Yes and we all know firewood is the new gold


----------



## twoclones

Just for fun


----------



## deepsouth.us

White oak makes for terrific trailer decking.


----------



## gunny100

stillhunter said:


> I have rights to a stack of mostly White/Post Oak logs 12/14' x 24-50+", about 30 and recently cut. No rot/hollows at all, is this wood worth selling to a sawmill, or should I just split/burn and sell as firewood?


id just cut them up for firewood


----------



## Enrico Carini

whiskey barrels


----------



## carhartt

I just hauled in a chestnut/red oak to my local mill because I thought it was worth more than firewood. 5 logs 8ft 8 in. the only log that was worth anything was the butt log. It was like 300 board ft of lumber and the average price was .35 a brd ft. So I got a chk for 97.00. not worth the effort. It had more value in the firewood when you figure in the work getting it out and loaded.


----------



## twoclones

carhartt said:


> I just hauled in a chestnut/red oak to my local mill because I thought it was worth more than firewood. 5 logs 8ft 8 in. the only log that was worth anything was the butt log. It was like 300 board ft of lumber and the average price was .35 a brd ft. So I got a chk for 97.00. not worth the effort. It had more value in the firewood when you figure in the work getting it out and loaded.

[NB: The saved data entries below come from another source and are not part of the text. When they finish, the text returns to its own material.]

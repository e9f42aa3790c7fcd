-- ===== src/Finalize.antt =====
-- The transaction that stores the terminal result of a generation (`_commit_finalization` of
-- backend/app/services/queue_worker.py).
pub mod Record
pub mod Retention
pub mod Commit
pub mod Outcome
pub mod Retry
pub mod Images
pub mod Presented
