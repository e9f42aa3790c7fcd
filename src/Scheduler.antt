-- ===== src/Scheduler.antt =====
-- Which job a worker takes next (`_claim_next` of backend/app/services/queue_worker.py, with
-- backend/app/services/worker_pool.py and backend/app/services/demo_reel_activity.py).
pub mod Pool
pub mod Activity
pub mod Turn
pub mod Claim
pub mod Owners
pub mod Place
pub mod Line
pub mod Served
pub mod Claimed
pub mod Yielding
pub mod Dispatch
pub mod Capacity
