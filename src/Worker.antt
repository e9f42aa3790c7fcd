-- ===== src/Worker.antt =====
-- The queue worker (backend/app/services/queue_worker.py).
pub mod Transactions
pub mod History
pub mod Recovery
pub mod Reports
pub mod Restart
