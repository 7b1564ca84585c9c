-- ===== src/Switcher/Totals/Rises.antt =====
-- The calls of server/db/db_func.c never lower the totals of a server.
use net_port.Base.{
  ℕ, ◌≤◌, ◌≡◌, sym, ◌∙◌, inl, inr, Bool, true, false, ◌||◌, List, [], ◌∷◌, some, ltb, ◌==◌, ==_iff,
  ◌-◌, if◌then◌else◌, arith, Bool-cases,
}
use mathlib.Core.Path.{subst}
use net_port.Switcher.{SwitcherServer, StatisticDb, Documented, Rises, max_u64}
use net_port.Switcher.Totals.{
  loaded, persist_server_totals, load_server_statistics, save_server_statistics,
  cleanup_old_statistics, raised, store_statistics, is_empty, fetch_persisted_server_totals,
  fetch_peak_statistic_totals,
}

-- A call that reaches the database, by any thread: with the server that it is about.
pub data Event : Type 0 where
  loads : ℕ → SwitcherServer → Event
  saves : SwitcherServer → Event
  cleans : ℕ → ℕ → Event

unfoldable pub apply_event : (db : StatisticDb) → Event → db.Store → db.Store
apply_event db (loads now s) d = (load_server_statistics db now d s).0
apply_event db (saves s) d = (save_server_statistics db d s).0
apply_event db (cleans now retention_period) d =
    (cleanup_old_statistics db now retention_period d).0

-- The events one after the other.
unfoldable pub run_events : (db : StatisticDb) → List Event → db.Store → db.Store
run_events db [] d = d
run_events db (e ∷ es) d = run_events db es (apply_event db e d)

pub max_u64_left : (a b : ℕ) → a ≤ max_u64 a b
unfolding max_u64
max_u64_left a b = ground arith

pub max_u64_right : (a b : ℕ) → b ≤ max_u64 a b
unfolding max_u64
max_u64_right a b = ground arith

Rises-refl : (db : StatisticDb) (d : db.Store) → Rises db d d
Rises-refl db d id r s here = ((r, s), here, omega arith, omega arith)

Rises-trans : (db : StatisticDb) (d e f : db.Store) → Rises db d e → Rises db e f → Rises db d f
Rises-trans db d e f first then_ id r s here =
    let a = first id r s here in
    let b = then_ id a.0.0 a.0.1 a.1 in (b.0, b.1, omega (arith, a.2, b.2), omega (arith, a.3, b.3))

-- Where every row stays.
Rises-same :
    (db : StatisticDb) (d e : db.Store) → ((id : ℕ) → db.row e id ≡ db.row d id) → Rises db d e
Rises-same db d e same id r s here = ((r, s), same id ∙ here, omega arith, omega arith)

update_totals-Rises :
    (db : StatisticDb) (doc : Documented db) (d : db.Store) (id received sent : ℕ)
    → Rises db d (db.update_totals d id received sent).0
update_totals-Rises db doc d id received sent =
    elim (Bool-cases (db.update_totals d id received sent).1) [
      | inr refused ↦
          Rises-same db d (db.update_totals d id received sent).0
            (λ other. doc.update_refused d id received sent other refused)
      | inl carried ↦ λ other r t here. elim (Bool-cases (other == id)) [
        | inl same ↦
            let at_id : other ≡ id = (==_iff other id).0 same in
            (
              (max_u64 r received, max_u64 t sent),
              subst
                  (λ k.
                    db.row (db.update_totals d id received sent).0 k
                    ≡ some (max_u64 r received, max_u64 t sent))
                  (sym at_id)
                  (doc.update_greatest d id received sent r t
                    (subst (λ k. db.row d k ≡ some (r, t)) at_id here) carried),
              max_u64_left r received,
              max_u64_left t sent,
            )
        | inr apart ↦ (
          (r, t),
          doc.update_other d id received sent other (λ e. ground (arith, apart, e)) ∙ here,
          omega arith,
          omega arith,
        )
      ]
    ]

-- Where both branches of a test do.
Rises-if :
    (db : StatisticDb) (d : db.Store) (b : Bool) (e f : db.Store)
    → Rises db d e
    → Rises db d f
    → Rises db d (if b then e else f)
Rises-if db d true e f left right = left
Rises-if db d false e f left right = right

load_server_statistics-Rises :
    (db : StatisticDb) (doc : Documented db) (now : ℕ) (d : db.Store) (s : SwitcherServer)
    → Rises db d (load_server_statistics db now d s).0
unfolding load_server_statistics persist_server_totals
load_server_statistics-Rises db doc now d s =
    let found : SwitcherServer = record s {
      statistics =
          loaded now (fetch_persisted_server_totals db d s.id)
            (fetch_peak_statistic_totals db d s.id);
    } in
    Rises-if db d (ltb 0 found.statistics.bytes_received || ltb 0 found.statistics.bytes_sent)
      (persist_server_totals db d found).0 d
      (update_totals-Rises db doc d found.id found.statistics.bytes_received
        found.statistics.bytes_sent)
      (Rises-refl db d)

Rises-if_saved :
    (db : StatisticDb) (d : db.Store) (b : Bool) (e f : db.Store × SwitcherServer × Bool)
    → Rises db d e.0
    → Rises db d f.0
    → Rises db d (if b then e else f).0
Rises-if_saved db d true e f left right = left
Rises-if_saved db d false e f left right = right

store_statistics-Rises :
    (db : StatisticDb) (doc : Documented db) (d : db.Store) (s : SwitcherServer)
    → Rises db d (store_statistics db d s).0
unfolding store_statistics persist_server_totals
store_statistics-Rises db doc d s =
    let received = s.statistics.bytes_received in
    let sent = s.statistics.bytes_sent in
    let count = s.statistics.connections_count in
    let updated = (persist_server_totals db d s).0 in
    Rises-trans db d updated (db.insert_statistic updated s.id received sent count).0
      (update_totals-Rises db doc d s.id received sent)
      (Rises-same db updated (db.insert_statistic updated s.id received sent count).0
        (λ other. doc.insert_row updated s.id received sent count other))

save_server_statistics-Rises :
    (db : StatisticDb) (doc : Documented db) (d : db.Store) (s : SwitcherServer)
    → Rises db d (save_server_statistics db d s).0
unfolding save_server_statistics
save_server_statistics-Rises db doc d s =
    let stored = store_statistics db d (raised db d s) in
    Rises-if_saved db d s.server.is_dynamic_port (d, s, true)
      (if is_empty s.statistics then (d, s, true) else stored) (Rises-refl db d)
      (Rises-if_saved db d (is_empty s.statistics) (d, s, true) stored (Rises-refl db d)
        (store_statistics-Rises db doc d (raised db d s)))

cleanup_old_statistics-Rises :
    (db : StatisticDb) (doc : Documented db) (now retention_period : ℕ) (d : db.Store)
    → Rises db d (cleanup_old_statistics db now retention_period d).0
unfolding cleanup_old_statistics
cleanup_old_statistics-Rises db doc now retention_period d =
    Rises-trans db d (db.sync_totals d).0
      (db.delete_before (db.sync_totals d).0 (now - retention_period)).0 (doc.sync_rises d)
      (Rises-same db (db.sync_totals d).0
        (db.delete_before (db.sync_totals d).0 (now - retention_period)).0
        (λ other. doc.delete_row (db.sync_totals d).0 (now - retention_period) other))

apply_event-Rises :
    (db : StatisticDb) (doc : Documented db) (e : Event) (d : db.Store)
    → Rises db d (apply_event db e d)
unfolding apply_event
apply_event-Rises db doc (loads now s) d = load_server_statistics-Rises db doc now d s
apply_event-Rises db doc (saves s) d = save_server_statistics-Rises db doc d s
apply_event-Rises db doc (cleans now retention_period) d =
    cleanup_old_statistics-Rises db doc now retention_period d

-- Whatever calls are made, for whatever servers and with whatever answers, the totals in the row of a
-- server are never lost and never become smaller.
pub run_events-Rises :
    (db : StatisticDb) (doc : Documented db) (es : List Event) (d : db.Store)
    → Rises db d (run_events db es d)
unfolding run_events
run_events-Rises db doc [] d = Rises-refl db d
run_events-Rises db doc (e ∷ es) d =
    Rises-trans db d (apply_event db e d) (run_events db es (apply_event db e d))
      (apply_event-Rises db doc e d) (run_events-Rises db doc es (apply_event db e d))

That's how it goes. I received a 42" diameter x 9' long black walnut log to carve for the customer. Just about everyone who saw the log whined about it not becoming lumber. When I crunched the numbers, it was more profitable to carve a bear than to mill, dry, plane, then market the lumber.


----------



## Jackbnimble

I have one Oak timber that is about 25 feet long, 16 inches thick, 14 inches wide. My only problem, I have no idea how to move it. I have two others. Each is about 15 feet long, 17 inches deep and 12 inches wide, but I have the same problem. Can't move them. I want to use them to make a timber frame garage/shed with mortise and tenon joinery. (I rarely can hit a nail squarely, let alone make joinery, but I'm up for a challenge.) So, my next project is to build some kind of contraption to lift and haul these babies up a rocky, steep wooded incline.

How did the ancients build stuff that required this kind of equipment to move/transport large stuff? I'm thinking of some kind of steel cables and a come-along device attached to a big old tree. Or a Sikorsky CH-37 Mojave or an Mil V 12 Mi 12. 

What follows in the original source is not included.